One of the sisters we interviewed was Sister Margaret, who is one of the primary counselors for the centre. She not only described her process of helping women, but she talked about how the centre began because she originally had a dream of helping young women in need, particularly unwed mothers, through a centre such as this one. She connected with Sister Lorraine, who provided impressive leadership and fundraising abilities, and eventually the Nazareth Rehabilitation Centre was born! The mission expanded to help women and children who had experienced violence because it continues to be such a large problem in Bougainville, particularly after the Crisis. But the NRC doesn’t just help women and girls – they have also been helping boys and young men with substance abuse problems, and they are housed in a separate building on the property. To continue their work helping boys, Sister Lorraine has been working with members of the congregation and community to set up another centre in Marbury that will soon open and provide similar space for men and boys.

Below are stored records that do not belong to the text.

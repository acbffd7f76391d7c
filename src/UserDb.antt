-- ===== src/UserDb.antt =====
-- door_controller/user_db.c: the queries of the user database. Outside are SQLite, which gives the
-- rows of a query, MD5 (libs/md5.c), `atoi`, and what uninitialised memory holds. A string that is
-- read from a row is taken as the event sender reads it.
pub mod Rows
pub mod Keys
pub mod Mask
pub mod Policy
pub mod Exact
use osdp_roger_acs.Base.{
  ℕ, suc, ◌+◌, ◌-◌, ◌*◌, ◌/◌, ◌%◌, ◌^◌, List, [], ◌∷◌, ◌++◌, Option, none, some,
}
use osdp_roger_acs.Base.{Bool, true, false, not, ◌&&◌, ◌||◌, ◌==◌, leb, ltb, truth, if◌then◌else◌}
use osdp_roger_acs.Base.{bit_or, ◌>>=◌, length, take, drop}
use osdp_roger_acs.Door.{Text, text_eq, max_card_len, Event}
use osdp_roger_acs.Door.Auth.{
  Verdict, mode_card, mode_pin, mode_card_and_pin, mode_card_and_pin_always,
}

abbrev buf_size : ℕ
buf_size = 500

-- What the `WHERE` part of a query asks: the rows of users of doors like a name by PIN or by card, and
-- those of keys by two cards.
pub data Query : Type 0 where
  by_pin : Text → Text → Query
  by_card : Text → Text → Query
  by_key : Text → Text → Query

-- One row, with the time that `time(0)` gives when it is read. The database holds no time before
-- 1970. `none` is a column that is NULL.
pub record Row : Type 0 where
  pub user_name : Option Text
  pub user_pin : Option Text
  pub expire : ℕ
  pub allow_no_pin : ℕ
  pub door : Option Text
  pub curr_time : ℕ

-- `%x` and `%X` of a digit; `ten` is the letter for 10.
abbrev hex_digit : ℕ → ℕ → ℕ
hex_digit ten d = if ltb d 10 then 0x30 + d else ten + (d - 10)

hex : ℕ → List ℕ → Text
hex ten [] = []
hex ten (b ∷ bs) = hex_digit ten (b / 16) ∷ hex_digit ten (b % 16) ∷ hex ten bs

-- The upper-case digits of a card; `trash` is what the buffer reads as if no digit is written.
unfoldable pub card_text : Text → List ℕ → ℕ → Text
unfolding hex
card_text trash card len = if truth len then hex 0x41 (take len card) else trash

-- The lower-case digits of the MD5 sum of a PIN.
unfoldable pub pin_text : (List ℕ → List ℕ) → List ℕ → ℕ → Text
unfolding hex
pin_text md5 pin len = hex 0x61 (take 16 (md5 (take len pin)))

-- `strstr(name, "%")`, as an index.
find_percent : Text → Option ℕ
find_percent [] = none
find_percent (c ∷ cs) = if c == 0x25 then some 0 else (find_percent cs >>= λ i. some (suc i))

-- `door + (percent - doorname)`, read by `atoi`; `none` is a read past the end, and a negative or
-- too large number to shift by.
unfoldable pub subdoor : (Text → Option ℕ) → Text → Option Text → Option ℕ
unfolding find_percent
subdoor atoi name door = elim (find_percent name) [
  | none ↦ some 0
  | some i ↦ door >>= λ text.
      if leb i (length text)
      then (atoi (drop i text) >>= λ n. if ltb n 32 then some n else none)
      else none
]

pub data ErrType : Type 0 where
  err err_expire err_pin : ErrType

-- The variables of the loop over the rows.
pub record Search : Type 0 where
  pub found_name : Option Text
  pub err_type : ErrType
  pub door_mask : ℕ

unfoldable pub wrong_pin : Text → Row → Option Bool
wrong_pin pin_md5 row = row.user_pin >>= λ pin. some (not (text_eq pin pin_md5))

-- Whether the row is refused for its PIN; `none` compares a PIN that is NULL.
unfoldable pub pin_refused : ℕ → Text → Row → Option Bool
unfolding wrong_pin
pin_refused mode pin_md5 row =
    if mode == mode_card_and_pin_always
    then wrong_pin pin_md5 row
    else (if mode == mode_card_and_pin
        then (wrong_pin pin_md5 row >>= λ wrong. some (wrong && not (row.allow_no_pin == 1)))
        else some false)

-- One round of the loop.
unfoldable pub on_row : (Text → Option ℕ) → ℕ → Text → Text → Row → Search → Option Search
on_row atoi mode pin_md5 name row s =
    let named : Search = record s { found_name = row.user_name; err_type = ErrType.err } in
    if ltb row.expire row.curr_time
    then some (record named { err_type = ErrType.err_expire })
    else (pin_refused mode pin_md5 row >>= λ refused.
        if refused
        then some (record named { err_type = ErrType.err_pin })
        else (subdoor atoi name row.door >>= λ n.
            some (record named { door_mask = bit_or s.door_mask (2 ^ n) })))

unfoldable pub on_rows : (Text → Option ℕ) → ℕ → Text → Text → List Row → Search → Option Search
on_rows atoi mode pin_md5 name [] s = some s
on_rows atoi mode pin_md5 name (row ∷ rows) s =
    on_row atoi mode pin_md5 name row s >>= λ s'. on_rows atoi mode pin_md5 name rows s'

abbrev silent : Verdict
silent = record { mask = 0; sent = [] }

abbrev err_event : ErrType → Text → Option Text → Text → Event
err_event ErrType.err = Event.auth_err
err_event ErrType.err_expire = Event.auth_err_expire
err_event ErrType.err_pin = Event.auth_err_pin

unfoldable pub verdict_of : Text → Text → Search → Verdict
verdict_of name card s =
    if truth s.door_mask
    then record { mask = s.door_mask; sent = Event.auth_ok name s.door_mask s.found_name card ∷ [] }
    else record { mask = 0; sent = err_event s.err_type name s.found_name card ∷ [] }

abbrev pub start : Search
start = record { found_name = none; err_type = ErrType.err; door_mask = 0 }

-- What the functions use that is outside.
pub record Libraries : Type 0 where
  pub query : Query → List Row
  pub md5 : List ℕ → List ℕ
  pub atoi : Text → Option ℕ
  pub trash : Text

unfoldable pub uses_pin : ℕ → Bool
uses_pin mode = mode == mode_pin || mode == mode_card_and_pin_always

unfoldable pub uses_card : ℕ → Bool
uses_card mode = mode == mode_card || mode == mode_card_and_pin || mode == mode_card_and_pin_always

-- The query of a mode, if the mode is valid and the text of the query fits: 251 characters up to the
-- condition, less the door's name, 15 or 16 for the condition, and 2 to close.
unfoldable pub query_of : ℕ → Text → Text → Text → Option Query
query_of mode name pin_md5 card =
    let head = 251 + length name in
    if leb buf_size head
    then none
    else (if mode == mode_pin
        then (if leb buf_size (head + 15 + length pin_md5 + 2)
            then none
            else some (Query.by_pin name pin_md5))
        else (if uses_card mode
            then (if leb buf_size (head + 16 + length card + 2)
                then none
                else some (Query.by_card name card))
            else none))

-- `getAccessMask2(pin, pinLen, card, cardLen, mode, doorname, db)`.
unfoldable pub get_access_mask2 : Libraries → List ℕ → ℕ → List ℕ → ℕ → ℕ → Text → Option Verdict
get_access_mask2 lib pin pin_len card card_len mode name =
    let pin_md5 = if uses_pin mode then pin_text lib.md5 pin pin_len else [] in
    let card_str = if uses_card mode then card_text lib.trash card card_len else [] in
    let asked : Option Verdict = elim (query_of mode name pin_md5 card_str) [
      | none ↦ some silent
      | some q ↦ on_rows lib.atoi mode pin_md5 name (lib.query q) start >>= λ s.
          some (verdict_of name card_str s)
    ] in
    if uses_card mode && ltb max_card_len card_len then some silent else asked

-- `checkKeyAccess2(card1, card1Len, card2, card2Len, db)`: only the first row is looked at.
unfoldable pub check_key_access2 : Libraries → List ℕ → ℕ → List ℕ → ℕ → Option Verdict
check_key_access2 lib card card_len card2 card2_len =
    let one = card_text lib.trash card card_len in
    let two = card_text lib.trash card2 card2_len in
    let refused : Option Text → Verdict =
      λ name. record { mask = 0; sent = Event.auth_err two name one ∷ [] } in
    let asked : Option Verdict = elim (lib.query (Query.by_key one two)) [
      | [] ↦ some (refused none)
      | row ∷ rows ↦
          if ltb row.curr_time row.expire
          then (row.door >>= λ door.
              some (record { mask = 1; sent = Event.auth_ok door 1 row.user_name one ∷ [] }))
          else some (refused row.user_name)
    ] in
    if ltb max_card_len card_len || ltb max_card_len card2_len
    then some silent
    else (if leb buf_size (245 + length one + length two) then some silent else asked)
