-- ===== src/UserDb/Keys.antt =====
-- `checkKeyAccess2` of door_controller/user_db.c: what grants access to two cards.
use osdp_roger_acs.Base.{
  ℕ, ◌≡◌, ◌≢◌, ◌<◌, ◌⊎◌, inl, inr, refl, sym, ap, arith, List, [], ◌∷◌, Option, none, some,
}
use osdp_roger_acs.Base.{Bool-cases, ◌||◌, ◌+◌, ltb, leb, length}
use osdp_roger_acs.Door.{max_card_len}
use osdp_roger_acs.Door.Auth.{Verdict}
use osdp_roger_acs.UserDb.{Libraries, Query, Row, buf_size, check_key_access2, card_text}

abbrev verdict_mask : Option Verdict → ℕ
verdict_mask none = 0
verdict_mask (some v) = v.mask

rows_cases :
    (rows : List Row) → (rows ≡ []) ⊎ ((row : Row) × (rest : List Row) × (rows ≡ row ∷ rest))
rows_cases [] = inl refl
rows_cases (row ∷ rest) = inr (row, rest, refl)

-- If two cards are granted access, the first row for them had not expired.
pub check_key_access2-first :
    (lib : Libraries) (card : List ℕ) (card_len : ℕ) (card2 : List ℕ) (card2_len : ℕ) (v : Verdict)
    → check_key_access2 lib card card_len card2 card2_len ≡ some v
    → v.mask ≢ 0
    → (row : Row) × (rest : List Row) × (lib.query
          (Query.by_key (card_text lib.trash card card_len) (card_text lib.trash card2 card2_len))
        ≡ row ∷ rest)
      × (row.curr_time < row.expire)
unfolding check_key_access2
check_key_access2-first lib card card_len card2 card2_len v h granted =
    let one = card_text lib.trash card card_len in
    let two = card_text lib.trash card2 card2_len in
    elim (Bool-cases (ltb max_card_len card_len || ltb max_card_len card2_len)) [
      | inl e ↦ absurd (granted (sym (ap verdict_mask (rw e at h))))
      | inr e ↦ elim (Bool-cases (leb buf_size (245 + length one + length two))) [
        | inl f ↦ absurd (granted (sym (ap verdict_mask (rw f at (rw e at h)))))
        | inr f ↦ elim (rows_cases (lib.query (Query.by_key one two))) [
          | inl g ↦ absurd (granted (sym (ap verdict_mask (rw g at (rw f at (rw e at h))))))
          | inr (row, rest, g) ↦ elim (Bool-cases (ltb row.curr_time row.expire)) [
            | inl t ↦ (row, rest, g, ground arith)
            | inr t ↦
                absurd (granted (sym (ap verdict_mask (rw t at (rw g at (rw f at (rw e at h)))))))
          ]
        ]
      ]
    ]
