-- ===== src/UserDb/Rows.antt =====
-- The loop over the rows in `getAccessMask2` (door_controller/user_db.c): what grants access.
use osdp_roger_acs.Base.{ℕ, ◌≤◌, ◌≡◌, ◌≢◌, refl, sym, ap, ◌∙◌, arith, List, [], ◌∷◌}
use osdp_roger_acs.Base.{
  Option, none, some, false, ◌&&◌, ltb, truth, inl, inr, ◌⊎◌, Bool-cases, Option-cases,
}
use osdp_roger_acs.Base.{if◌then◌else◌, on_some}
use osdp_roger_acs.Door.{Text, max_card_len}
use osdp_roger_acs.Door.Auth.{Verdict}
use osdp_roger_acs.UserDb.{
  Row, Search, start, pin_refused, on_row, on_rows, verdict_of, Libraries, Query, query_of,
  uses_pin, uses_card, pin_text, card_text, get_access_mask2,
}

abbrev mask_of : Option Search → ℕ
mask_of none = 0
mask_of (some s) = s.door_mask

abbrev verdict_mask : Option Verdict → ℕ
verdict_mask none = 0
verdict_mask (some v) = v.mask

-- The row lets its user in: it has not expired, and the PIN is right where the mode asks for it.
pub record NotRefused (mode : ℕ) (pin_md5 : Text) (row : Row) : Type 0 where
  pub current : row.curr_time ≤ row.expire
  pub pin_right : pin_refused mode pin_md5 row ≡ some false

-- Some row does.
abbrev pub SomeNotRefused : ℕ → Text → List Row → Type 0
SomeNotRefused mode pin_md5 [] = ⊥
SomeNotRefused mode pin_md5 (row ∷ rows) =
    NotRefused mode pin_md5 row ⊎ SomeNotRefused mode pin_md5 rows

module _ (atoi : Text → Option ℕ) (mode : ℕ) (pin_md5 name : Text) where
  on_row-NotRefused :
      (row : Row) (s s' : Search)
      → on_row atoi mode pin_md5 name row s ≡ some s'
      → (s'.door_mask ≡ s.door_mask) ⊎ NotRefused mode pin_md5 row
  unfolding on_row
  on_row-NotRefused row s s' h = elim (Bool-cases (ltb row.expire row.curr_time)) [
    | inl e ↦ inl (sym (ap mask_of (rw e at h)))
    | inr e ↦ on_some (pin_refused mode pin_md5 row) (rw e at h) λ refused f g.
        elim (Bool-cases refused) [
          | inl r ↦ inl (sym (ap mask_of (rw r at g)))
          | inr r ↦ inr (record { current = ground (arith, e); pin_right = rw (← r) f })
        ]
  ]

  on_rows-NotRefused :
      (rows : List Row) (s s' : Search)
      → s.door_mask ≡ 0
      → on_rows atoi mode pin_md5 name rows s ≡ some s'
      → s'.door_mask ≢ 0
      → SomeNotRefused mode pin_md5 rows
  unfolding on_rows
  on_rows-NotRefused [] s s' e h granted = granted (sym (ap mask_of h) ∙ e)
  on_rows-NotRefused (row ∷ rows) s s' e h granted =
      on_some (on_row atoi mode pin_md5 name row s) h λ after f g.
        elim (on_row-NotRefused row s after f) [
          | inl same ↦ inr (on_rows-NotRefused rows after s' (same ∙ e) g granted)
          | inr good ↦ inl good
        ]

verdict-mask :
    (name card : Text) (s : Search) (v : Verdict)
    → some (verdict_of name card s) ≡ some v
    → v.mask ≢ 0
    → s.door_mask ≢ 0
unfolding verdict_of
verdict-mask name card s v g granted e =
    let off : truth s.door_mask ≡ false = ground (arith, e) in
    granted (sym (ap verdict_mask (rw off at g)))

-- The PIN text and the card text that `getAccessMask2` compares and asks for.
abbrev pub pin_md5_of : Libraries → List ℕ → ℕ → ℕ → Text
pin_md5_of lib pin pin_len mode = if uses_pin mode then pin_text lib.md5 pin pin_len else []

abbrev pub card_of : Libraries → List ℕ → ℕ → ℕ → Text
card_of lib card card_len mode = if uses_card mode then card_text lib.trash card card_len else []

-- Who is let in is let in by a row: if `getAccessMask2` grants a door, the query of the mode was
-- asked, for these credentials and this door, and one of its rows had not expired and has the right
-- PIN where the mode asks for it.
pub get_access_mask2-NotRefused :
    (lib : Libraries) (pin : List ℕ) (pin_len : ℕ) (card : List ℕ) (card_len mode : ℕ) (name : Text)
    (v : Verdict)
    → get_access_mask2 lib pin pin_len card card_len mode name ≡ some v
    → v.mask ≢ 0
    → (q : Query) × ((uses_card mode && ltb max_card_len card_len) ≡ false)
      × (query_of mode name (pin_md5_of lib pin pin_len mode) (card_of lib card card_len mode)
          ≡ some q)
      × SomeNotRefused mode (pin_md5_of lib pin pin_len mode) (lib.query q)
unfolding get_access_mask2
get_access_mask2-NotRefused lib pin pin_len card card_len mode name v h granted =
    elim (Bool-cases (uses_card mode && ltb max_card_len card_len)) [
      | inl e ↦ absurd (granted (sym (ap verdict_mask (rw e at h))))
      | inr e ↦
          let asked = rw e at h in
          let md5 = pin_md5_of lib pin pin_len mode in
          let card_str = card_of lib card card_len mode in
          elim (Option-cases (query_of mode name md5 card_str)) [
            | inl none_asked ↦ absurd (granted (sym (ap verdict_mask (rw none_asked at asked))))
            | inr (q, found) ↦
                on_some (on_rows lib.atoi mode md5 name (lib.query q) start) (rw found at asked)
                  λ s f g. (
                    q,
                    e,
                    found,
                    on_rows-NotRefused lib.atoi mode md5 name (lib.query q) start s refl f
                        (verdict-mask name card_str s v g granted),
                  )
          ]
    ]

We spent the majority of our time with Sister Bernadette and Sister Tekka, who manage the centre’s finances. They were delightful! Sister Bernadette was quiet, but would give us a mischievous look and laugh when she thought we were being funny. Sister Tekka – a slight woman with very dark skin and a few curls of gray and black that escaped her white habit – particularly had a contagious sense of humor and a funny, high-pitched cackle that would set us all off into peals of laughter. She insisted on laying out an enormous welcoming tea with homemade cookies and muffins, bananas and pomelo (which tasted like a sweet grapefruit) grown on the property, coffee, sodas, and water. She also enjoyed chatting with us, telling us about life in Bougainville—including her time living and working in the area where there’s an active volcano and how afraid she was of the smoke and lava that would come out, though she laughed throughout the telling of her story. We compared tattoos—she showed me hers, and I showed her mine—and we laughed about how we both did them when we were young and silly. When Ali and I joked that we couldn’t see where our other program staff had walked to and that we might have to stay there and become nuns, Sister Tekka laughed and exclaimed, “You should! You would look beautiful in a habit! We had Australian nuns visit us, and they looked lovely in their habits.” We were having such a good time that we were sad to part when it was time to go, but I’m glad to have made a few new friends. I’m glad that there will be more opportunities to visit. I look forward to returning, hopefully to continue building the partnership our organizations have begun.